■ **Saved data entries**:
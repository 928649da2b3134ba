-- ===== src/Samples/HmacToken/Decision.antt =====
-- plugins/samples/hmac_token_validation/plugin.cc: which requests pass.
use service_extensions_sampl.Base.{
  Text, ℕ, ◌≡◌, refl, sym, ap, ◌∙◌, inl, inr, true, false, some, List, [], ◌∷◌, ◌++◌, append_assoc,
  arith, Option-cases, is_empty, drop, codes, text_eq_iff,
}
use service_extensions_sampl.Base.Int.{ℤ}
use service_extensions_sampl.Wasm.{request_headers, continue}
use service_extensions_sampl.Sdk.{Sdk}
use service_extensions_sampl.Samples.HmacToken.{
  Libraries, is_expired, compute_hmac_md5, check_signature, check_parts, on_request_headers,
}

module _ (lib : Libraries) {S : Type 0} (sdk : Sdk S) (secret_key : Text) where
  -- A request that passes carries a token of two parts, whose timestamp is a number that has not
  -- expired and whose other part is the hexadecimal HMAC of method, path and timestamp, one after
  -- the other, and it is not changed.
  pub record IsAuthentic (now : ℕ) (s : S) : Type 0 where
    pub auth_value : Text
    pub timestamp : Text
    pub hmac : Text
    pub time : ℤ
    pub path : Text
    pub method : Text
    pub has_auth : sdk.get_header request_headers (codes "authorization") s ≡ some auth_value
    pub not_empty : is_empty auth_value ≡ false
    pub has_scheme : lib.starts_with_ignore_case auth_value (codes "HMAC ") ≡ true
    pub has_parts : lib.str_split_once (drop 5 auth_value) b':' ≡ timestamp ∷ hmac ∷ []
    pub has_time : lib.simple_atoi timestamp ≡ some time
    pub is_fresh : is_expired now time ≡ false
    pub has_path : sdk.get_header request_headers (codes ":path") s ≡ some path
    pub has_method : sdk.get_header request_headers (codes ":method") s ≡ some method
    pub is_signed : compute_hmac_md5 lib (method ++ (path ++ timestamp)) secret_key ≡ hmac
    pub has_signature : is_empty hmac ≡ false

  signature_passes :
      (timestamp hmac : Text) (s : S)
      → (check_signature lib sdk secret_key timestamp hmac s).0 ≡ continue
      → (path : Text) × (method : Text) × (sdk.get_header request_headers (codes ":path") s
          ≡ some path)
        × (sdk.get_header request_headers (codes ":method") s ≡ some method)
        × (compute_hmac_md5 lib (method ++ (path ++ timestamp)) secret_key ≡ hmac)
        × (is_empty hmac ≡ false)
        × (check_signature lib sdk secret_key timestamp hmac s ≡ (continue, s))
  unfolding check_signature
  signature_passes timestamp hmac s h =
      elim (Option-cases (sdk.get_header request_headers (codes ":path") s)) [
        | inl e ↦ absurd (ground arith)
        | inr (path, e) ↦ elim (Option-cases (sdk.get_header request_headers (codes ":method") s)) [
          | inl g ↦ absurd (ground arith)
          | inr (method, g) ↦
              let same =
                text_eq_iff (compute_hmac_md5 lib (method ++ (path ++ timestamp)) secret_key)
                  hmac in
              (path, method, e, g, ground (arith, same), ground (arith, same), ground arith)
        ]
      ]

  parts_pass :
      (now : ℕ) (parts : List Text) (s : S)
      → (check_parts lib sdk secret_key now parts s).0 ≡ continue
      → (timestamp : Text) × (hmac : Text) × (time : ℤ) × (parts ≡ timestamp ∷ hmac ∷ [])
        × (lib.simple_atoi timestamp ≡ some time)
        × (is_expired now time ≡ false)
        × (check_parts lib sdk secret_key now parts s
            ≡ check_signature lib sdk secret_key timestamp hmac s)
  unfolding check_parts
  parts_pass now [] s h = absurd (cc)
  parts_pass now (t ∷ []) s h = absurd (cc)
  parts_pass now (t ∷ m ∷ x ∷ more) s h = absurd (cc)
  parts_pass now (t ∷ m ∷ []) s h = elim (Option-cases (lib.simple_atoi t)) [
    | inl e ↦ absurd (ground arith)
    | inr (time, e) ↦ (t, m, time, refl, e, ground arith, ground arith)
  ]

  passes_only_authentic :
      (now : ℕ) (s : S)
      → (on_request_headers lib sdk secret_key now s).0 ≡ continue
      → IsAuthentic now s × (on_request_headers lib sdk secret_key now s ≡ (continue, s))
  unfolding on_request_headers
  passes_only_authentic now s h =
      elim (Option-cases (sdk.get_header request_headers (codes "authorization") s)) [
        | inl e ↦ absurd (ground arith)
        | inr (v, e) ↦
            let parts = lib.str_split_once (drop 5 v) b':' in
            let through : on_request_headers lib sdk secret_key now s
                ≡ check_parts lib sdk secret_key now parts s =
              ground arith in
            let (t, m, time, shape, number, fresh, step) = parts_pass now parts s (ground arith) in
            let (path, method, hp, hm, signed, filled, last) =
              signature_passes t m s (ground (arith, step)) in
            (
              record {
                auth_value = v;
                timestamp = t;
                hmac = m;
                time = time;
                path = path;
                method = method;
                has_auth = e;
                not_empty = ground arith;
                has_scheme = ground arith;
                has_parts = shape;
                has_time = number;
                is_fresh = fresh;
                has_path = hp;
                has_method = hm;
                is_signed = signed;
                has_signature = filled;
              },
              through ∙ step ∙ last,
            )
      ]

  passes_authentic :
      (now : ℕ) (s : S)
      → IsAuthentic now s
      → on_request_headers lib sdk secret_key now s ≡ (continue, s)
  unfolding on_request_headers check_parts check_signature
  passes_authentic now s a = ground (
    arith,
    (text_eq_iff (compute_hmac_md5 lib (a.method ++ (a.path ++ a.timestamp)) secret_key) a.hmac).1
        a.is_signed,
  )

  -- A request passes exactly if it is authentic, and a request that passes is not changed.
  pub passes_iff_authentic :
      (now : ℕ) (s : S)
      → ((on_request_headers lib sdk secret_key now s).0 ≡ continue
          → IsAuthentic now s × (on_request_headers lib sdk secret_key now s ≡ (continue, s)))
        × (IsAuthentic now s → on_request_headers lib sdk secret_key now s ≡ (continue, s))
  passes_iff_authentic now s = (passes_only_authentic now s, passes_authentic now s)

  -- Method, path and timestamp are signed without a separator, so a token does not belong to one
  -- path: the signature of an accepted request is accepted again for any shorter path, if the digits
  -- that are cut off the path stand in front of the timestamp and the number is fresh.
  pub token_moves_to_prefix :
      (now later : ℕ) (s u : S) (a : IsAuthentic now s) (prefix digits v : Text) (time : ℤ)
      → a.path ≡ prefix ++ digits
      → sdk.get_header request_headers (codes "authorization") u ≡ some v
      → is_empty v ≡ false
      → lib.starts_with_ignore_case v (codes "HMAC ") ≡ true
      → lib.str_split_once (drop 5 v) b':' ≡ (digits ++ a.timestamp) ∷ a.hmac ∷ []
      → lib.simple_atoi (digits ++ a.timestamp) ≡ some time
      → is_expired later time ≡ false
      → sdk.get_header request_headers (codes ":path") u ≡ some prefix
      → sdk.get_header request_headers (codes ":method") u ≡ some a.method
      → on_request_headers lib sdk secret_key later u ≡ (continue, u)
  token_moves_to_prefix now later s u a prefix digits v time cut h1 h2 h3 h4 h5 h6 h7 h8 =
      let regrouped : prefix ++ (digits ++ a.timestamp) ≡ a.path ++ a.timestamp =
        sym (append_assoc prefix digits a.timestamp)
        ∙ ap (λ (t : Text). t ++ a.timestamp) (sym cut) in
      passes_authentic later u (record {
        auth_value = v;
        timestamp = digits ++ a.timestamp;
        hmac = a.hmac;
        time = time;
        path = prefix;
        method = a.method;
        has_auth = h1;
        not_empty = h2;
        has_scheme = h3;
        has_parts = h4;
        has_time = h5;
        is_fresh = h6;
        has_path = h7;
        has_method = h8;
        is_signed =
            ap (λ (t : Text). compute_hmac_md5 lib (a.method ++ t) secret_key) regrouped
            ∙ a.is_signed;
        has_signature = a.has_signature;
      })
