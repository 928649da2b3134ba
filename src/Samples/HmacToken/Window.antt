-- ===== src/Samples/HmacToken/Window.antt =====
-- plugins/samples/hmac_token_validation/plugin.cc: for how long a token is accepted.
use service_extensions_sampl.Base.{ℕ, suc, ◌+◌, ◌^◌, ◌≤◌, ◌<◌, ◌≡◌, ◌↔◌, false, arith}
use service_extensions_sampl.Base.Int.{pos, negsuc}
use service_extensions_sampl.Samples.HmacToken.{is_expired}

-- Under the unsigned arithmetic of the code, while the clock and the timestamp fit 63 bits, a token
-- passes exactly from its timestamp to five minutes later. With a timestamp before 1970, which wraps, it
-- passes exactly if the clock is at most 300 seconds after the timestamp; so a future timestamp never
-- passes, and one before 1970 only passes in the first five minutes of 1970.
pub is_expired_window :
    (now n : ℕ)
    → now < 2 ^ 63
    → n < 2 ^ 63
    → ((is_expired now (pos n) ≡ false) ↔ ((n ≤ now) × (now ≤ n + 300)))
      × ((is_expired now (negsuc n) ≡ false) ↔ (now + suc n ≤ 300))
unfolding is_expired
is_expired_window now n h k =
    ((λ e. ground arith, λ w. ground arith), (λ e. ground arith, λ w. ground arith))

■ **WORK TO COMPLETE**:
The expected answer is every line above in which the word "negsuc" appears.

■ **RESPONSE AREA**:
use service_extensions_sampl.Base.Int.{pos, negsuc}
      × ((is_expired now (negsuc n) ≡ false) ↔ (now + suc n ≤ 300))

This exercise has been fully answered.